THE INPUT —
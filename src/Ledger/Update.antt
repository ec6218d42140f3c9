-- ===== src/Ledger/Update.antt =====
-- The books still match after the wallets moved and one auction was rewritten, if every hold moved
-- by as much as the auction's claim on it.
use online_auction_system.Base.{ℕ, suc, ◌≡◌, refl, some, All-set, length, set, ◌∙◌}
use online_auction_system.Base.Money.{◌+ℤ◌, +ℤ_balance}
use online_auction_system.Models.{Amount, Auction}
use online_auction_system.Store.{records, read_at, replaced}
use online_auction_system.Store.Laws.{replaced-IsKeyed, read_at-get}
use online_auction_system.World.{World}
use online_auction_system.Ledger.{auction_key, claim_on, held, IsSaneAuction, BooksMatch}
use online_auction_system.Ledger.Sums.{held-set}
use online_auction_system.Ledger.Shift.{Shift}

-- The other files do not matter.
pub BooksMatch-files :
    {w w' : World} → w'.users ≡ w.users → w'.auctions ≡ w.auctions → BooksMatch w → BooksMatch w'
BooksMatch-files eu ea m = record {
  users_ready = record {
    keyed = rw eu m.users_ready.keyed;
    writable = rw eu m.users_ready.writable;
  };
  auctions_ready = record {
    keyed = rw ea m.auctions_ready.keyed;
    writable = rw ea m.auctions_ready.writable;
  };
  sound = rw eu m.sound;
  sane = rw (eu, ea) m.sane;
  holds = rw (eu, ea) m.holds;
}

pub BooksMatch-update :
    {w w' : World} {t : Amount} {b h : ℕ → Amount} (s : ℕ) (a a' : Auction)
    → BooksMatch w
    → Shift w w' t b h
    → read_at w.auctions s ≡ some a
    → a'.auction_id ≡ a.auction_id
    → IsSaneAuction (length (records w.users)) a'
    → ((i : ℕ) → h i +ℤ claim_on (suc i) a ≡ claim_on (suc i) a')
    → BooksMatch (record w' { auctions = replaced w'.auctions s a' })
BooksMatch-update {w} {w'} {h = h} s a a' m v found same sane moves = rw v.same_auctions (record {
  users_ready = record { keyed = v.ready.keyed; writable = v.ready.writable };
  auctions_ready = record {
    keyed = replaced-IsKeyed auction_key w.auctions s a' m.auctions_ready.keyed found same;
    writable = m.auctions_ready.writable;
  };
  sound = v.sound;
  sane =
      rw v.size
        (All-set (IsSaneAuction (length (records w.users))) (records w.auctions) s a' m.sane sane);
  holds = λ i u' e.
      let (u, e0, _, moved) = v.back i u' e in
      moved
      ∙ rw (m.holds i u e0) (
          +ℤ_balance (held (suc i) (records w.auctions))
            (held (suc i) (set (records w.auctions) s a')) (claim_on (suc i) a)
            (claim_on (suc i) a') (h i)
            (held-set (suc i) (records w.auctions) s a' (read_at-get w.auctions s found))
            (moves i));
})

-- The same where the auction is written first.
pub BooksMatch-update_first :
    {w w' : World} {t : Amount} {b h : ℕ → Amount} (s : ℕ) (a a' : Auction)
    → BooksMatch w
    → read_at w.auctions s ≡ some a
    → a'.auction_id ≡ a.auction_id
    → IsSaneAuction (length (records w.users)) a'
    → ((i : ℕ) → h i +ℤ claim_on (suc i) a ≡ claim_on (suc i) a')
    → Shift (record w { auctions = replaced w.auctions s a' }) w' t b h
    → BooksMatch w'
BooksMatch-update_first {w} {w'} s a a' m found same sane moves v =
    BooksMatch-files refl v.same_auctions (
      BooksMatch-update {w' = record w' { auctions = w.auctions }} s a a' m
        (record {
          ready = record { keyed = v.ready.keyed; writable = v.ready.writable };
          sound = v.sound;
          size = v.size;
          same_auctions = refl;
          total = v.total;
          back = v.back;
        })
        found same sane moves)
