-- ===== src/Ledger/Bid.antt =====
-- Placing a bid (server/bid_handler.c) keeps the books: the hold of the outbid user is released and
-- that of the new highest bidder taken, as the auction changes hands.
use online_auction_system.Base.{
  ℕ, suc, ◌^◌, ◌≡◌, refl, some, true, not, arith, ◌==◌, ◌≤◌, ◌<◌, ◌≢◌, Bool-cases, inl, inr, length,
  All-get, ◌&&◌, ap, ◌∙◌, ==_iff,
}
use online_auction_system.Base.Money.{ℤ, pos, neg, ◌+ℤ◌, ◌-ℤ◌, ◌≤ℤ◌, ◌<ℤ◌, money_laws}
use online_auction_system.Models.{Amount, User, Auction, zero_auction}
use online_auction_system.Store.{records, read_at, slot_of, replaced}
use online_auction_system.Store.Laws.{read_at-some, read_at-id, read_at-get, write_back}
use online_auction_system.World.{World}
use online_auction_system.World.FileIo.{read_user, read_auction, write_auction}
use online_auction_system.Notify.Frame.{notify_outbid-OnlySends}
use online_auction_system.Wallet.Frame.{place_hold-SameElsewhere, release_hold-SameElsewhere}
use online_auction_system.Wallet.{place_hold, release_hold}
use online_auction_system.Wallet.Effect.{UsersReady, user_key}
use online_auction_system.BidHandler.{
  is_open, PlaceBidPayload, move_holds, with_bid, accept_bid, handle_place_bid,
}
use online_auction_system.BidHandler.Cases.{handle_place_bid-cases}
use online_auction_system.Ledger.{auction_key, claim_on, IsSaneAuction, BooksMatch}
use online_auction_system.Ledger.Sums.{claim_on-le-held}
use online_auction_system.Ledger.Shift.{only, Shift-trans, place_hold-Shift, release_hold-Shift}
use online_auction_system.Ledger.Update.{BooksMatch-update, BooksMatch-files}

-- What the holds move by when user `b` bids `m` on an open auction without a bid.
first_bid_claims :
    (req : PlaceBidPayload) (bidder : User) (a : Auction) (i : ℕ)
    → is_open a.status ≡ true
    → a.highest_bidder_id ≡ 0
    → bidder.user_id ≢ 0
    → bidder.user_id < 2 ^ 32
    → only bidder.user_id req.amount i +ℤ claim_on (suc i) a
      ≡ claim_on (suc i) (with_bid req bidder a)
unfolding ◌+ℤ◌
first_bid_claims req bidder a i o z nz small = ground arith

-- The same where the bid beats another.
next_bid_claims :
    (req : PlaceBidPayload) (bidder : User) (a : Auction) (i : ℕ)
    → is_open a.status ≡ true
    → a.highest_bidder_id ≢ 0
    → a.highest_bidder_id < 2 ^ 32
    → bidder.user_id ≢ 0
    → bidder.user_id < 2 ^ 32
    → only a.highest_bidder_id (neg a.current_bid) i
        +ℤ only bidder.user_id req.amount i
        +ℤ claim_on (suc i) a
      ≡ claim_on (suc i) (with_bid req bidder a)
unfolding ◌+ℤ◌ neg
next_bid_claims req bidder a i o z zs nz small = ground arith

-- An `uint32_t` id whose record can be read is the number of an existing user.
pub known_id :
    {w : World} (k : ℕ) {u : User}
    → UsersReady w
    → k < 2 ^ 32
    → read_user k w ≡ some u
    → (k ≢ 0) × (k ≤ length (records w.users))
known_id {w} k ready small found =
    let p = read_at-id user_key w.users (slot_of k) ready.keyed found in
    (λ e. omega arith, omega arith)

-- The open auction's price is part of its highest bidder's hold.
pub highest_bidder_covered :
    {w : World} {a : Auction} (s : ℕ)
    → BooksMatch w
    → read_at w.auctions s ≡ some a
    → is_open a.status ≡ true
    → a.highest_bidder_id ≢ 0
    → (p : User) × (read_user a.highest_bidder_id w ≡ some p)
      × (pos 0 ≤ℤ a.current_bid)
      × (a.current_bid ≤ℤ p.wallet_hold)
      × (a.highest_bidder_id < 2 ^ 32)
highest_bidder_covered {w} {a} s m found opened nz =
    let n = length (records w.users) in
    let get = read_at-get w.auctions s found in
    let sane = All-get (IsSaneAuction n) (records w.auctions) s m.sane get in
    let fits = m.users_ready.keyed.1 in
    let (p, e) = read_at-some w.users (slot_of a.highest_bidder_id) (omega arith) in
    let part =
      claim_on-le-held (suc (slot_of a.highest_bidder_id)) n (records w.auctions) s m.sane get in
    let hold = m.holds (slot_of a.highest_bidder_id) p e in
    (p, e, sane.0, rw hold (ground (arith, part)), omega arith)

-- Releasing part of a hold leaves at least as much available.
still_enough :
    (x c bal hold bal' hold' : Amount) (i k : ℕ)
    → pos 0 ≤ℤ c
    → bal' ≡ bal +ℤ only k (pos 0) i
    → hold' ≡ hold +ℤ only k (neg c) i
    → x ≤ℤ bal -ℤ hold
    → x ≤ℤ bal' -ℤ hold'
still_enough x c bal hold bal' hold' i k p eb eh enough =
    rw (eb, eh)
      (elim (Bool-cases (i == slot_of k)) [
        | inl same ↦ rw same (omega money_laws)
        | inr other ↦ rw other (omega money_laws)
      ])

module _ {w : World} (m : BooksMatch w) (req : PlaceBidPayload) (bidder : User) (s : ℕ)
    {a : Auction} {u : User} (found : read_at w.auctions s ≡ some a)
    (opened : is_open a.status ≡ true) (known : read_user bidder.user_id w ≡ some u)
    (small : bidder.user_id < 2 ^ 32) (beats : a.current_bid <ℤ req.amount)
    (enough : req.amount ≤ℤ u.wallet_balance -ℤ u.wallet_hold) where
  bid_sane : IsSaneAuction (length (records w.users)) (with_bid req bidder a)
  bid_sane =
      let old =
        All-get (IsSaneAuction (length (records w.users))) (records w.auctions) s m.sane
          (read_at-get w.auctions s found) in
      let id = known_id bidder.user_id m.users_ready small known in
      (omega arith, id.1, old.2, old.3)

  first_bid-BooksMatch :
      a.highest_bidder_id ≡ 0
      → let w' = (place_hold bidder.user_id req.amount w).0 in
        BooksMatch (record w' { auctions = replaced w'.auctions s (with_bid req bidder a) })
  first_bid-BooksMatch z =
      let id = known_id bidder.user_id m.users_ready small known in
      let sane = bid_sane in
      BooksMatch-update s a (with_bid req bidder a) m
        (place_hold-Shift m.users_ready m.sound bidder.user_id known req.amount (omega arith)
          enough)
        found refl sane (λ i. first_bid_claims req bidder a i opened z id.0 small)

  next_bid-BooksMatch :
      a.highest_bidder_id ≢ 0
      → let w1 = (release_hold a.highest_bidder_id a.current_bid w).0 in
        let w' = (place_hold bidder.user_id req.amount w1).0 in
        BooksMatch (record w' { auctions = replaced w'.auctions s (with_bid req bidder a) })
  next_bid-BooksMatch nz =
      let id = known_id bidder.user_id m.users_ready small known in
      let (p, ep, low, cover, fits) = highest_bidder_covered s m found opened nz in
      let sh1 =
        release_hold-Shift m.users_ready m.sound a.highest_bidder_id ep a.current_bid low cover in
      let there = read_at-id user_key w.users (slot_of bidder.user_id) m.users_ready.keyed known in
      let w1 = (release_hold a.highest_bidder_id a.current_bid w).0 in
      let (b, eb) = read_at-some w1.users (slot_of bidder.user_id) (rw sh1.size there.1) in
      let (b0, e0, bal, hold) = sh1.back (slot_of bidder.user_id) b eb in
      let same : b0 ≡ u = cc in
      let enough' =
        still_enough req.amount a.current_bid u.wallet_balance u.wallet_hold b.wallet_balance
          b.wallet_hold (slot_of bidder.user_id) a.highest_bidder_id low (rw same at bal)
          (rw same at hold) enough in
      let sane = bid_sane in
      BooksMatch-update s a (with_bid req bidder a) m
        (Shift-trans sh1
          (place_hold-Shift sh1.ready sh1.sound bidder.user_id eb req.amount (omega arith) enough'))
        found refl sane (λ i. next_bid_claims req bidder a i opened nz fits id.0 small)

-- `accept_bid` leaves users.dat as `move_holds` does, and writes one auction.
pub accept_bid-files :
    (fd : ℤ) (req : PlaceBidPayload) (bidder : User) (a : Auction) (w : World)
    → let w1 = move_holds req bidder a w in
      ((accept_bid fd req bidder a w).users ≡ w1.users)
      × ((accept_bid fd req bidder a w).auctions
          ≡ (write_auction (with_bid req bidder a) w1).0.auctions)
unfolding accept_bid
accept_bid-files fd req bidder a w =
    elim (Bool-cases
      (not (a.highest_bidder_id == 0) && not (a.highest_bidder_id == bidder.user_id))) [
        | inl outbid ↦
            let sends = notify_outbid-OnlySends a.highest_bidder_id req.auction_id req.amount _ in
            rw outbid (ap (λ v. v.users) sends, ap (λ v. v.auctions) sends)
        | inr quiet ↦ rw quiet (refl, refl)
      ]

module _ {w : World} (m : BooksMatch w) (fd : ℤ) (req : PlaceBidPayload) (bidder : User)
    {a : Auction} {u : User} (found : read_auction req.auction_id w ≡ some a)
    (opened : is_open a.status ≡ true) (known : read_user bidder.user_id w ≡ some u)
    (small : bidder.user_id < 2 ^ 32) (beats : a.current_bid <ℤ req.amount)
    (enough : req.amount ≤ℤ u.wallet_balance -ℤ u.wallet_hold) where
  move_holds-BooksMatch :
      let w' = move_holds req bidder a w in
      (w'.auctions ≡ w.auctions)
      × BooksMatch (record w' {
        auctions = replaced w'.auctions (slot_of req.auction_id) (with_bid req bidder a);
      })
  unfolding move_holds
  move_holds-BooksMatch = elim (Bool-cases (a.highest_bidder_id == 0)) [
    | inl first ↦
        rw (first, move_holds)
          (
            ap (λ v. v.auctions) (place_hold-SameElsewhere bidder.user_id req.amount w),
            first_bid-BooksMatch m req bidder (slot_of req.auction_id) found opened known small
                beats enough ((==_iff a.highest_bidder_id 0).0 first),
          )
    | inr later ↦
        rw (later, move_holds)
          (
            ap (λ v. v.auctions) (place_hold-SameElsewhere bidder.user_id req.amount _)
                ∙ ap (λ v. v.auctions)
                    (release_hold-SameElsewhere a.highest_bidder_id a.current_bid w),
            next_bid-BooksMatch m req bidder (slot_of req.auction_id) found opened known small beats
                enough (λ z. ground arith),
          )
  ]

  pub accept_bid-BooksMatch : BooksMatch (accept_bid fd req bidder a w)
  accept_bid-BooksMatch =
      let files = accept_bid-files fd req bidder a w in
      let (kept, m') = move_holds-BooksMatch in
      let w1 = move_holds req bidder a w in
      let wrote =
        write_back auction_key zero_auction w1.auctions (slot_of req.auction_id)
          (with_bid req bidder a) {old = a} (rw kept m.auctions_ready.keyed) (rw kept found) refl
          (rw kept m.auctions_ready.writable) in
      BooksMatch-files files.0 (files.1 ∙ ap (λ r. r.0) wrote) m'

-- Whatever is asked, a request to bid keeps the books: every user's hold is still the sum of the
-- user's highest bids on open auctions, and every wallet is sound.
pub handle_place_bid-BooksMatch :
    (fd : ℤ) (req : PlaceBidPayload) (bidder : User) {w : World}
    → bidder.user_id < 2 ^ 32
    → BooksMatch w
    → BooksMatch (handle_place_bid fd req bidder w)
handle_place_bid-BooksMatch fd req bidder {w} small m =
    handle_place_bid-cases BooksMatch fd req bidder w (λ code. BooksMatch-files refl refl m)
      λ a u p.
        accept_bid-BooksMatch m fd req bidder p.locked.found p.locked.opened p.known small
          p.locked.beats p.enough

DIRECTIONS FOR THIS TASK — Taking the lines of the listing one by one, count those that contain "wrote", and answer with the number only.

COMPLETED EXERCISE — 2